--- START ---

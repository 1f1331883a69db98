-- ===== src/Config/Lines.antt =====
-- The lines of a configuration, one handler of pal-config-parser.c after another.
use audioreach_pulseaudio_pl.Config.{ConfigData, Parser}
use audioreach_pulseaudio_pl.Config.Map.{Every, Every-lookup, lookup}
use audioreach_pulseaudio_pl.Config.NamesKeep.{parse_port_names-IsValid}
use audioreach_pulseaudio_pl.Config.Invariant.{IsValid}
use audioreach_pulseaudio_pl.Config.Chains.{HandlerKeeps}
use audioreach_pulseaudio_pl.Config.Table.{Handler, handled, handlers, parse_line}
use audioreach_pulseaudio_pl.Config.FormatsKeep.{
  parse_channel_maps-IsValid, parse_encodings-IsValid, parse_sample_formats-IsValid,
  parse_sample_rates-IsValid,
}
use audioreach_pulseaudio_pl.Config.Handlers.{
  parse_alternative_sample_rate-IsValid, parse_avoid_processing-IsValid,
  parse_default_buffer_count-IsValid, parse_default_buffer_size-IsValid,
  parse_default_channel_map-IsValid, parse_default_encoding-IsValid,
  parse_default_sample_format-IsValid, parse_default_sample_rate-IsValid, parse_type-IsValid,
  parse_use_hw_volume-IsValid,
}
use audioreach_pulseaudio_pl.Base.{Bool, Option, String, none, refl, some, ◌≡◌}
use audioreach_pulseaudio_pl.Config.SectionsKeep.{
  parse_description-IsValid, parse_max_sink_channels-IsValid, parse_max_source_channels-IsValid,
  parse_pal_devicepp_config-IsValid, parse_port_device-IsValid, parse_port_direction-IsValid,
  parse_port_format_detection-IsValid, parse_port_sys_path-IsValid, parse_presence-IsValid,
  parse_priority-IsValid,
}
use audioreach_pulseaudio_pl.Config.Keeps.{Kept}
use mathlib.Core.Path.{subst}

-- What each row of the table keeps.
table_keeps : Every (λ keyword h. HandlerKeeps h) handlers
table_keeps = (
  parse_port_direction-IsValid,
  (
    parse_port_device-IsValid,
    (
      parse_port_sys_path-IsValid "hdmi-tx-state",
      (
        parse_port_format_detection-IsValid,
        (
          parse_max_sink_channels-IsValid,
          (
            parse_max_source_channels-IsValid,
            (
              parse_use_hw_volume-IsValid,
              (
                parse_type-IsValid,
                (
                  parse_avoid_processing-IsValid,
                  (
                    parse_alternative_sample_rate-IsValid,
                    (
                      parse_port_names-IsValid,
                      (
                        parse_priority-IsValid,
                        (
                          parse_description-IsValid,
                          (
                            parse_presence-IsValid,
                            (
                              parse_default_encoding-IsValid,
                              (
                                parse_default_sample_rate-IsValid,
                                (
                                  parse_default_sample_format-IsValid,
                                  (
                                    parse_default_channel_map-IsValid,
                                    (
                                      parse_default_buffer_size-IsValid,
                                      (
                                        parse_default_buffer_count-IsValid,
                                        (
                                          parse_encodings-IsValid,
                                          (
                                            parse_sample_rates-IsValid,
                                            (
                                              parse_sample_formats-IsValid,
                                              (
                                                parse_channel_maps-IsValid,
                                                (
                                                  parse_pal_devicepp_config-IsValid,
                                                  (
                                                    parse_port_names-IsValid,
                                                    (parse_port_names-IsValid, tt),
                                                  ),
                                                ),
                                              ),
                                            ),
                                          ),
                                        ),
                                      ),
                                    ),
                                  ),
                                ),
                              ),
                            ),
                          ),
                        ),
                      ),
                    ),
                  ),
                ),
              ),
            ),
          ),
        ),
      ),
    ),
  ),
)

handled-Kept :
    (p : Parser) (section rvalue : String) (c : ConfigData) (o : Option Handler)
    → ((h : Handler) → o ≡ some h → HandlerKeeps h)
    → IsValid c
    → Kept (handled p section rvalue c o)
handled-Kept p section rvalue c none e v = tt
handled-Kept p section rvalue c (some h) e v = e h refl p section rvalue c v

parse_line-Kept :
    (p : Parser) (lvalue section rvalue : String) (c : ConfigData)
    → IsValid c
    → Kept (parse_line p lvalue section rvalue c)
unfolding parse_line
parse_line-Kept p lvalue section rvalue c v =
    handled-Kept p section rvalue c (lookup lvalue handlers)
      (λ h e. Every-lookup (λ keyword g. HandlerKeeps g) lvalue h handlers table_keeps e) v

-- The data after lines of the configuration, whether or not their handlers returned 0.
pub data Read (p : Parser) (c : ConfigData) : ConfigData → Type 0 where
  no_line : Read p c c
  line :
      {c1 c2 : ConfigData} (lvalue section rvalue : String) (ok : Bool)
      → Read p c c1
      → parse_line p lvalue section rvalue c1 ≡ some (ok, c2)
      → Read p c c2

-- However PulseAudio reads the values, after any lines of a configuration, accepted or not, every
-- entry has the name that it is found by; sinks and sources are numbered from 1 in the order of their
-- sections; their encodings and sample rates are supported ones, and their default encoding is too or
-- was never set; and whatever lists ports lists ports of the configuration.
pub Read-IsValid :
    (p : Parser) (c : ConfigData) {c' : ConfigData} → IsValid c → Read p c c' → IsValid c'
Read-IsValid p c v no_line = v
Read-IsValid p c v (line {c1 = c1} lvalue section rvalue ok r e) =
    let before = Read-IsValid p c v r in
    subst Kept e (parse_line-Kept p lvalue section rvalue c1 before)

--- END ---

▶ TASK ITEM
Reproduce the material above exactly; please quote every line of it.

▶ EXERCISE RESULT
repository 1f1331883a69db98
-- ===== src/Config/Lines.antt =====
-- The lines of a configuration, one handler of pal-config-parser.c after another.
use audioreach_pulseaudio_pl.Config.{ConfigData, Parser}
use audioreach_pulseaudio_pl.Config.Map.{Every, Every-lookup, lookup}
use audioreach_pulseaudio_pl.Config.NamesKeep.{parse_port_names-IsValid}
use audioreach_pulseaudio_pl.Config.Invariant.{IsValid}
use audioreach_pulseaudio_pl.Config.Chains.{HandlerKeeps}
use audioreach_pulseaudio_pl.Config.Table.{Handler, handled, handlers, parse_line}
use audioreach_pulseaudio_pl.Config.FormatsKeep.{
  parse_channel_maps-IsValid, parse_encodings-IsValid, parse_sample_formats-IsValid,
  parse_sample_rates-IsValid,
}
use audioreach_pulseaudio_pl.Config.Handlers.{
  parse_alternative_sample_rate-IsValid, parse_avoid_processing-IsValid,
  parse_default_buffer_count-IsValid, parse_default_buffer_size-IsValid,
  parse_default_channel_map-IsValid, parse_default_encoding-IsValid,
  parse_default_sample_format-IsValid, parse_default_sample_rate-IsValid, parse_type-IsValid,
  parse_use_hw_volume-IsValid,
}
use audioreach_pulseaudio_pl.Base.{Bool, Option, String, none, refl, some, ◌≡◌}
use audioreach_pulseaudio_pl.Config.SectionsKeep.{
  parse_description-IsValid, parse_max_sink_channels-IsValid, parse_max_source_channels-IsValid,
  parse_pal_devicepp_config-IsValid, parse_port_device-IsValid, parse_port_direction-IsValid,
  parse_port_format_detection-IsValid, parse_port_sys_path-IsValid, parse_presence-IsValid,
  parse_priority-IsValid,
}
use audioreach_pulseaudio_pl.Config.Keeps.{Kept}
use mathlib.Core.Path.{subst}

-- What each row of the table keeps.
table_keeps : Every (λ keyword h. HandlerKeeps h) handlers
table_keeps = (
  parse_port_direction-IsValid,
  (
    parse_port_device-IsValid,
    (
      parse_port_sys_path-IsValid "hdmi-tx-state",
      (
        parse_port_format_detection-IsValid,
        (
          parse_max_sink_channels-IsValid,
          (
            parse_max_source_channels-IsValid,
            (
              parse_use_hw_volume-IsValid,
              (
                parse_type-IsValid,
                (
                  parse_avoid_processing-IsValid,
                  (
                    parse_alternative_sample_rate-IsValid,
                    (
                      parse_port_names-IsValid,
                      (
                        parse_priority-IsValid,
                        (
                          parse_description-IsValid,
                          (
                            parse_presence-IsValid,
                            (
                              parse_default_encoding-IsValid,
                              (
                                parse_default_sample_rate-IsValid,
                                (
                                  parse_default_sample_format-IsValid,
                                  (
                                    parse_default_channel_map-IsValid,
                                    (
                                      parse_default_buffer_size-IsValid,
                                      (
                                        parse_default_buffer_count-IsValid,
                                        (
                                          parse_encodings-IsValid,
                                          (
                                            parse_sample_rates-IsValid,
                                            (
                                              parse_sample_formats-IsValid,
                                              (
                                                parse_channel_maps-IsValid,
                                                (
                                                  parse_pal_devicepp_config-IsValid,
                                                  (
                                                    parse_port_names-IsValid,
                                                    (parse_port_names-IsValid, tt),
                                                  ),
                                                ),
                                              ),
                                            ),
                                          ),
                                        ),
                                      ),
                                    ),
                                  ),
                                ),
                              ),
                            ),
                          ),
                        ),
                      ),
                    ),
                  ),
                ),
              ),
            ),
          ),
        ),
      ),
    ),
  ),
)

handled-Kept :
    (p : Parser) (section rvalue : String) (c : ConfigData) (o : Option Handler)
    → ((h : Handler) → o ≡ some h → HandlerKeeps h)
    → IsValid c
    → Kept (handled p section rvalue c o)
handled-Kept p section rvalue c none e v = tt
handled-Kept p section rvalue c (some h) e v = e h refl p section rvalue c v

parse_line-Kept :
    (p : Parser) (lvalue section rvalue : String) (c : ConfigData)
    → IsValid c
    → Kept (parse_line p lvalue section rvalue c)
unfolding parse_line
parse_line-Kept p lvalue section rvalue c v =
    handled-Kept p section rvalue c (lookup lvalue handlers)
      (λ h e. Every-lookup (λ keyword g. HandlerKeeps g) lvalue h handlers table_keeps e) v

-- The data after lines of the configuration, whether or not their handlers returned 0.
pub data Read (p : Parser) (c : ConfigData) : ConfigData → Type 0 where
  no_line : Read p c c
  line :
      {c1 c2 : ConfigData} (lvalue section rvalue : String) (ok : Bool)
      → Read p c c1
      → parse_line p lvalue section rvalue c1 ≡ some (ok, c2)
      → Read p c c2

-- However PulseAudio reads the values, after any lines of a configuration, accepted or not, every
-- entry has the name that it is found by; sinks and sources are numbered from 1 in the order of their
-- sections; their encodings and sample rates are supported ones, and their default encoding is too or
-- was never set; and whatever lists ports lists ports of the configuration.
pub Read-IsValid :
    (p : Parser) (c : ConfigData) {c' : ConfigData} → IsValid c → Read p c c' → IsValid c'
Read-IsValid p c v no_line = v
Read-IsValid p c v (line {c1 = c1} lvalue section rvalue ok r e) =
    let before = Read-IsValid p c v r in
    subst Kept e (parse_line-Kept p lvalue section rvalue c1 before)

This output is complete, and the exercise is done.